Out of the darkness, into the light.
The Pleasant Light of Day by Philip O’Ceallaigh
“Growing older people found dull ways to make life bearable. Or perhaps did not find any way.” The effects of the passage of time is not a new theme, but it is one that feels new in the hands of Philip O’Ceallaigh. In this, his second short story collection, he uses language with a breathtaking clarity, effortlessly taking the reader from a cliff top in Inis Meain to a busy kerbside in Cairo. The beauty is in not only in O’Ceallaigh’s prose but in the layers of insight that are peeled back within each story and through the collection as a whole, so that reading them in order feels important.

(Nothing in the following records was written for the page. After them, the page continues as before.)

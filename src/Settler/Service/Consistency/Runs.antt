-- ===== src/Settler/Service/Consistency/Runs.antt =====
-- Runs of the settler's transactions (`Settler` of settler/service.py) in any order, between writes of the
-- other processes.
use notchstave.Common.{ℕ, Bool, true, List, ◌∷◌, none, ◌≡◌, arith}
use notchstave.Common.Rows.{find}
use notchstave.Enums.{is_live}
use notchstave.Settler.Ledger.Invoices.{find_invoice}
use notchstave.Settler.Policy.{MoneyPolicy}
use notchstave.Settler.Ledger.{
  Invoice, Chain, ReceiveAddress, Payment, Block, AddressRequest, Ledger,
}
use notchstave.Settler.Service.Reorg.{handle_reorg}
use notchstave.Settler.Service.Sweeps.{
  sweep_expired_invoices, expire_stale_invoices, notify_seen_payments, review_anomalous_payments,
}
use notchstave.Settler.Service.Addresses.{sync_address_lifecycle}
use notchstave.Settler.Service.Facade.{settle}
use notchstave.Settler.Service.Consistency.{IsConsistent, Agree, settled_row}
use notchstave.Settler.Service.Consistency.Settle.{settle-IsConsistent}
use notchstave.Settler.Service.Consistency.Passes.{
  handle_reorg-IsConsistent, sweep_expired_invoices-IsConsistent,
  expire_stale_invoices-IsConsistent, notify_seen_payments-IsConsistent,
  review_anomalous_payments-IsConsistent, sync_address_lifecycle-IsConsistent,
}

issued-IsConsistent :
    (r : Invoice) (db : Ledger)
    → find_invoice r.id db ≡ none
    → is_live r.status ≡ true
    → IsConsistent db
    → IsConsistent (record db { invoices = r ∷ db.invoices })
unfolding Agree settled_row find
issued-IsConsistent r db new live ok j = ground (arith, ok j)

module _ (policy : MoneyPolicy) (mac : List ℕ → List ℕ) where
  -- One transaction of the settler; or a live invoice is issued under a new id; or the watcher and the
  -- deriver write their tables, whatever they write, and time passes.
  pub data Step : Ledger → Ledger → Type 0 where
    settled : (acquired : Bool) (i : ℕ) (db : Ledger) → Step db (settle policy mac acquired i db).1
    reorged : (chain : ℕ) (db : Ledger) → Step db (handle_reorg chain db).1
    swept : (limit : ℕ) (db : Ledger) → Step db (sweep_expired_invoices limit db).1
    expired : (limit : ℕ) (db : Ledger) → Step db (expire_stale_invoices limit db).1
    announced : (limit : ℕ) (db : Ledger) → Step db (notify_seen_payments limit db).1
    reviewed : (limit : ℕ) (db : Ledger) → Step db (review_anomalous_payments limit db).1
    synced :
        (cooldown limit : ℕ) (db : Ledger) → Step db (sync_address_lifecycle cooldown limit db).2
    issued :
        (r : Invoice) (db : Ledger)
        → find_invoice r.id db ≡ none
        → is_live r.status ≡ true
        → Step db (record db { invoices = r ∷ db.invoices })
    written :
        (now : ℕ) (chains : List Chain) (addresses : List ReceiveAddress) (payments : List Payment)
        → (blocks : List Block) (requests : List AddressRequest) (db : Ledger)
        → Step db (record db {
          now = now;
          chains = chains;
          addresses = addresses;
          payments = payments;
          blocks = blocks;
          requests = requests;
        })

  pub data Run : Ledger → Ledger → Type 0 where
    start : (db : Ledger) → Run db db
    then_step : (first last end : Ledger) → Run first last → Step last end → Run first end

  Step-IsConsistent : (db after : Ledger) → Step db after → IsConsistent db → IsConsistent after
  Step-IsConsistent _ _ (settled acquired i db) ok = settle-IsConsistent policy mac acquired i db ok
  Step-IsConsistent _ _ (reorged chain db) ok = handle_reorg-IsConsistent chain db ok
  Step-IsConsistent _ _ (swept limit db) ok = sweep_expired_invoices-IsConsistent limit db ok
  Step-IsConsistent _ _ (expired limit db) ok = expire_stale_invoices-IsConsistent limit db ok
  Step-IsConsistent _ _ (announced limit db) ok = notify_seen_payments-IsConsistent limit db ok
  Step-IsConsistent _ _ (reviewed limit db) ok = review_anomalous_payments-IsConsistent limit db ok
  Step-IsConsistent _ _ (synced cooldown limit db) ok =
      sync_address_lifecycle-IsConsistent cooldown limit db ok
  Step-IsConsistent _ _ (issued r db new live) ok = issued-IsConsistent r db new live ok
  Step-IsConsistent _ _ (written now chains addresses payments blocks requests db) ok = ok

  -- From tables in which an invoice is settled exactly if it has an active grant, every run of the
  -- settler's transactions, in any order and with new invoices and any writes of the watcher and the deriver
  -- between them, leads to tables in which that holds.
  pub Run-IsConsistent :
      (first last : Ledger) → Run first last → IsConsistent first → IsConsistent last
  Run-IsConsistent _ _ (start db) ok = ok
  Run-IsConsistent _ _ (then_step first last end run step) ok =
      Step-IsConsistent last end step (Run-IsConsistent first last run ok)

Many of his characters are those who do not find any way, nameless and displaced, unable to find what they’re looking for despite their maps and the miles they cover on trams and buses and on foot. In teeming cities, on islands, or in deserts, they are equally alone. O’Ceallaigh slows us down to live the rhythm of their days and feel the inevitable closing in of their nights.
Solace is sought in others and sex features heavily. O’Ceallaigh is unflinching in his description of an act often reduced to the purely physical, a brief attempt to connect with another that can become the loneliest of all.
One of the joys of the collection is O’Ceallaigh’s versatility, his ability to surprise and lighten what can be heavy material with biting humour. In The Alchemist, he has fun with his take on the popular fable, following Pablo’s quest across the desert with the help of travel company “Hardway Tours.” In Uprooted, a turning point of sorts,four men fall for a young actress in a Galway theatre, a woman who will impact all their lives and offers a glimmer of hope for one.
This glimmer is magnified in the title story and jewel of the collection, The Pleasant Light of Day, where on a trip to an Egyptian Museum, holding his son’s hand, a father finds his place in the world. The monks in Tombstone Blues, settled in the desert, have also found their place, a sharp contrast with the restless wandering scholar who spends a week and leaves unfulfilled.
In the end, hope wins out in High Country, where for a solitary traveller, a fire burning in the night, “a spark of the sun,” is enough to keep fear away until morning comes. The characters who succeed are those who find light in art or family or religion, it is not the thing itself, but the caring that counts. Crafting beauty with words on a page is clearly something O’Ceallaigh cares deeply about and in this inspiring and sparkling collection, he lights up the dark.